"Well, this match is certainly going to show up on the recap for 'Gearhead Gladiators' tonight."
This is the moment that 50 thousand people paid $50, minimum, for a seat in Minneapolis' North Star Stadium to see: a Division Alpha free-for-all match between a dozen of the best road warriors in North America. Amongst those title card heroes was a local boy done good: Eric Anderson, "The 30 Second Ace", originally out of the Brainerd Lakes area and coming out of the post-collapse feuding that happened in the wake of that collapse over 20 years ago. He became an overnight sensation when, at one of the regular Amateur Night events conducted as undercard events sanctioned by the International Autoduelist Association (and its regional and local subsidiaries), he took out the other five competitors in 30 seconds- something never before done.
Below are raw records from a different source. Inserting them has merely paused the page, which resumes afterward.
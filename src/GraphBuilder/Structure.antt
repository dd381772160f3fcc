-- ===== src/GraphBuilder/Structure.antt =====
-- src/p2_satellite/graph_builder.py, `serialize_graph_structure`: the payload of a graph.
use p2_ai_knowledge_graph_fo.Base.{
  Bool, true, List, [], ◌∷◌, map, Option, none, some, Text, sorted, ◌≡◌, refl, sym, subst, Memᴰ,
  mem-map,
}
use mathlib.Core.List.{Permᴰ}
use mathlib.Core.List.Permᴰ
use p2_ai_knowledge_graph_fo.Base.Sorting.{
  IsOrder, keys_le, keys_le-total, keys_le-antisym, keys_le_trans, sorted-Perm,
}
use p2_ai_knowledge_graph_fo.Schema.{split_node_id}
use p2_ai_knowledge_graph_fo.Traversal.{EdgeData, edge_is_active}
use p2_ai_knowledge_graph_fo.GraphBuilder.{Networkx, active_edge}

pub record NodeStructure : Type 0 where
  pub node_type : Text
  pub node_key : Text

pub record EdgeStructure : Type 0 where
  pub source_node_type : Text
  pub source_node_key : Text
  pub target_node_type : Text
  pub target_node_key : Text
  pub edge_type : Option Text
  pub is_active : Bool

pub record Structure : Type 0 where
  pub nodes : List NodeStructure
  pub edges : List EdgeStructure

unfoldable pub node_structure : Text → NodeStructure
node_structure node_id =
    let (node_type, node_key) = split_node_id node_id in
    record { node_type = node_type; node_key = node_key }

-- The builder gives every edge a type. (Python cannot compare a missing one with a text.)
unfoldable pub type_or_empty : Option Text → Text
type_or_empty none = []
type_or_empty (some t) = t

unfoldable pub edge_structure : Text × Text × EdgeData → EdgeStructure
edge_structure (source_id, target_id, attributes) =
    let (source_type, source_key) = split_node_id source_id in
    let (target_type, target_key) = split_node_id target_id in
    record {
      source_node_type = source_type;
      source_node_key = source_key;
      target_node_type = target_type;
      target_node_key = target_key;
      edge_type = attributes.edge_type;
      is_active = edge_is_active attributes;
    }

-- The keys of the two sorts.
unfoldable pub node_sort_key : NodeStructure → List Text
node_sort_key n = n.node_type ∷ n.node_key ∷ []

unfoldable pub edge_sort_key : EdgeStructure → List Text
edge_sort_key e =
    e.source_node_type
    ∷ e.source_node_key
    ∷ e.target_node_type
    ∷ e.target_node_key
    ∷ type_or_empty e.edge_type
    ∷ []

-- `xs.sort(key=key)`
unfoldable pub sorted_by : {A : Type 0} → (A → List Text) → List A → List A
sorted_by key xs = sorted (λ a b. keys_le (key a) (key b)) xs

unfoldable pub serialize_graph_structure : {G : Type 0} → Networkx G → G → Structure
serialize_graph_structure nx g = record {
  nodes = sorted_by node_sort_key (map node_structure (nx.nodes g));
  edges = sorted_by edge_sort_key (map edge_structure (nx.edges g));
}

sorted_by-IsOrder :
    {A : Type 0} (P : A → Type 0) (key : A → List Text)
    → ((a b : A) → P a → P b → key a ≡ key b → a ≡ b)
    → IsOrder P (λ a b. keys_le (key a) (key b))
sorted_by-IsOrder P key same = record {
  total = λ a b. keys_le-total (key a) (key b);
  antisym = λ a b pa pb h h'. same a b pa pb (keys_le-antisym (key a) (key b) h h');
  trans = λ a b c. keys_le_trans (key a) (key b) (key c);
}

same_node : (a b : NodeStructure) → node_sort_key a ≡ node_sort_key b → a ≡ b
unfolding node_sort_key
same_node a b h = cc h

-- The payload of an edge that the builder makes.
abbrev IsBuilt : EdgeStructure → Type 0
IsBuilt e = (e.is_active ≡ true) × ((t : Text) × (e.edge_type ≡ some t))

same_edge :
    (a b : EdgeStructure) → IsBuilt a → IsBuilt b → edge_sort_key a ≡ edge_sort_key b → a ≡ b
unfolding edge_sort_key type_or_empty
same_edge a b (on, (t, typed)) (on', (t', typed')) h = cc (h', on, on', typed, typed', same_type)
  where
    h' :
        a.source_node_type ∷ a.source_node_key ∷ a.target_node_type ∷ a.target_node_key ∷ t ∷ []
        ≡ b.source_node_type ∷ b.source_node_key ∷ b.target_node_type ∷ b.target_node_key ∷ t' ∷ []
    h' = rw (typed, typed') at h

    same_type : t ≡ t'
    same_type = cc h'

IsBuilt-edge_structure :
    (e : Text × Text × EdgeData) (t : Text) → e.2 ≡ active_edge t → IsBuilt (edge_structure e)
unfolding edge_structure edge_is_active
IsBuilt-edge_structure (s, t, d) type eq = (rw eq refl, (type, rw eq refl))

-- Let every edge of a graph be one that the builder makes, active and of some type, and let a second
-- graph list the same nodes and edges in another order. Then both are serialized into the same
-- payload.
pub serialize_graph_structure_stable :
    {G : Type 0} (nx : Networkx G) (g g' : G)
    → Permᴰ (nx.nodes g) (nx.nodes g')
    → Permᴰ (nx.edges g) (nx.edges g')
    → ((e : Text × Text × EdgeData) → Memᴰ e (nx.edges g') → (t : Text) × (e.2 ≡ active_edge t))
    → serialize_graph_structure nx g ≡ serialize_graph_structure nx g'
unfolding serialize_graph_structure sorted_by
serialize_graph_structure_stable nx g g' nodes edges built =
    let same_nodes =
      sorted-Perm (λ n. Unit) (λ a b. keys_le (node_sort_key a) (node_sort_key b))
        (sorted_by-IsOrder (λ n. Unit) node_sort_key (λ a b _ _ h. same_node a b h))
        (map node_structure (nx.nodes g)) (map node_structure (nx.nodes g'))
        (Permᴰ.map node_structure nodes) (λ n m. tt) in
    let same_edges =
      sorted-Perm IsBuilt (λ a b. keys_le (edge_sort_key a) (edge_sort_key b))
        (sorted_by-IsOrder IsBuilt edge_sort_key same_edge) (map edge_structure (nx.edges g))
        (map edge_structure (nx.edges g')) (Permᴰ.map edge_structure edges)
        (λ e m.
          let (d, in_edges, eq) = (mem-map edge_structure e (nx.edges g')).0 m in
          let (t, made) = built d in_edges in
          subst IsBuilt (sym eq) (IsBuilt-edge_structure d t made)) in
    rw (same_nodes, same_edges) refl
Now, with 11 other veterans and champions, he's looking to win another main event and take home another big purse. So do the 50 thousand fans in the stands. In a world where most people, once again, live outside the cities farming, ranching, or doing vital work in small towns having one of their own fighting in the arena is a big deal. Anderson's become a folk hero to an entire region, and the expectation to win is huge.
On the livestreams covering the event, marking time before the match starts, are the usual talking heads--including peers not competing tonight, for one reason or another--going over recent events and things like the cars that the fighters chose to use. "...and Anderson's debuting a new variation of Mills Motors' Wolf line of cars. This is an arena-optimized mid-sized car, featuring a pair of miniguns recessed into the forward compartment ahead of the power plant, and a flamethrower mounted aft over a minelayer. The responsiveness is top-quality, with great braking and acceleration, making this a car inspired by fighter jets instead of minitanks. That Bill's Gun Shop sponsorship is making itself felt with this one."
As for Eric, he--along with his opponents--sat in the launch bays arrayed around the arena, waiting in their cars. He could hear the crowd out there, despite the doors being closed. He had no idea what configuration of obstacles would be present in the arena--standard practice for such events--or what elevations levels would be present (ditto), and neither did the others. All they knew for certain was what the promoters told them in the event briefing: "No three-dimensional interactions." (i.e. no need for turrets or thick armor top and bottom), "No open floor." (requiring a mobile vehicle), "No long distances" (favoring short-range weaponry and rear-mounted arms), and "No personal pre-match inspections." (you go into the match blind)
Under those constraints, and knowing what the arena could do, Eric and his team decided to go with maximum dogfighting capability and play to his strengths- at the cost of playing into his reputation. Neither he nor his team could be certain as to what his opponents would do, but Eric kept one of the best tacticians on staff and that man would be in the team's box watching the action as it happens.
Eric saw the ready light go on, and the announcer begin the ritual of introductions. Soon the bay doors would open, and the match would begin.